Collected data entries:
- Opening Delimiter -

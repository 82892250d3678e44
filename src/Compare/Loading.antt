-- ===== src/Compare/Loading.antt =====
-- The list of tables in the choice is not loaded.
use next_dbm.Base.{◌≡◌, refl, Bool-cases, inl, inr, [], Text, codes, text_eq, Option, some}
use next_dbm.Tree.Defs.{Info, Forest, Node, find_node_by_key}
use next_dbm.Utils.Defs.{cut_string_at_dash, last_dash}
use next_dbm.Dispatch.Defs.{
  Protocol, SqlParams, nothing, get_sql_converter, mysql_cases, postgre_names,
}
use next_dbm.Compare.Defs.{load_data}

-- `protocolType`, as the program writes it.
abbrev pub protocol_name : Protocol → Text
protocol_name Protocol.mysql = codes "MySQL"
protocol_name Protocol.maria_db = codes "MariaDB"
protocol_name Protocol.postgre_sql = codes "PostgreSQL"
protocol_name (Protocol.other name) = name

silent :
    (parse : Text → Option Text) (datetime : Text) (protocol : Protocol) (of_name : SqlParams)
    → get_sql_converter parse datetime protocol (protocol_name protocol) of_name ≡ nothing
unfolding get_sql_converter mysql_cases postgre_names
silent parse datetime Protocol.mysql of_name = refl
silent parse datetime Protocol.maria_db of_name = refl
silent parse datetime Protocol.postgre_sql of_name = refl
silent parse datetime (Protocol.other name) of_name = refl

-- Opening a list of tables in the choice of the tables to compare, whose database is in the tree, sends no
-- request, whatever the protocol: the tables that the tree does not have yet cannot be chosen.
pub load_data-nothing :
    (parse : Text → Option Text) (datetime : Text) (protocol : Protocol) (of_name : SqlParams)
    (tree_data : Forest) (info : Info) (db : Node)
    → find_node_by_key (cut_string_at_dash info.key last_dash) tree_data ≡ some db
    → load_data
        (get_sql_converter parse datetime protocol)
        (protocol_name protocol)
        of_name
        tree_data
        info
      ≡ some []
unfolding load_data
load_data-nothing parse datetime protocol of_name tree_data info db h =
    elim (Bool-cases (text_eq info.menu_type (codes "tablesMenu"))) [
      | inl e ↦ rw (e, h, silent parse datetime protocol of_name) refl
      | inr e ↦ rw e refl
    ]
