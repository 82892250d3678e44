-- ===== src/Dispatch/Outcomes.antt =====
-- What depends on the protocol: MySQL and MariaDB, PostgreSQL, and any other.
use next_dbm.Base.{Bool, true, false}
use next_dbm.Dispatch.Defs.{Protocol}

abbrev pub per_protocol {ℓ} : {A : Type ℓ} → Protocol → (mysql postgre other : A) → A
per_protocol Protocol.mysql a b c = a
per_protocol Protocol.maria_db a b c = a
per_protocol Protocol.postgre_sql a b c = b
per_protocol (Protocol.other _) a b c = c

-- The protocols that the converter of MySQL answers.
abbrev pub is_mysql : Protocol → Bool
is_mysql protocol = per_protocol protocol true false false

- Closing Delimiter -

> _TASK DIRECTIONS_
Going back to the entries above, set down exactly the lines that begin at the one with "silent parse datetime Protocol.postgre_sql" and end at the one with "elim (Bool-cases (text_eq", both included, and nothing else.

> _ANSWER BOX_
silent parse datetime Protocol.postgre_sql of_name = refl
silent parse datetime (Protocol.other name) of_name = refl

-- Opening a list of tables in the choice of the tables to compare, whose database is in the tree, sends no
-- request, whatever the protocol: the tables that the tree does not have yet cannot be chosen.
pub load_data-nothing :
    (parse : Text → Option Text) (datetime : Text) (protocol : Protocol) (of_name : SqlParams)
    (tree_data : Forest) (info : Info) (db : Node)
    → find_node_by_key (cut_string_at_dash info.key last_dash) tree_data ≡ some db
    → load_data
        (get_sql_converter parse datetime protocol)
        (protocol_name protocol)
        of_name
        tree_data
        info
      ≡ some []
unfolding load_data
load_data-nothing parse datetime protocol of_name tree_data info db h =
    elim (Bool-cases (text_eq info.menu_type (codes "tablesMenu"))) [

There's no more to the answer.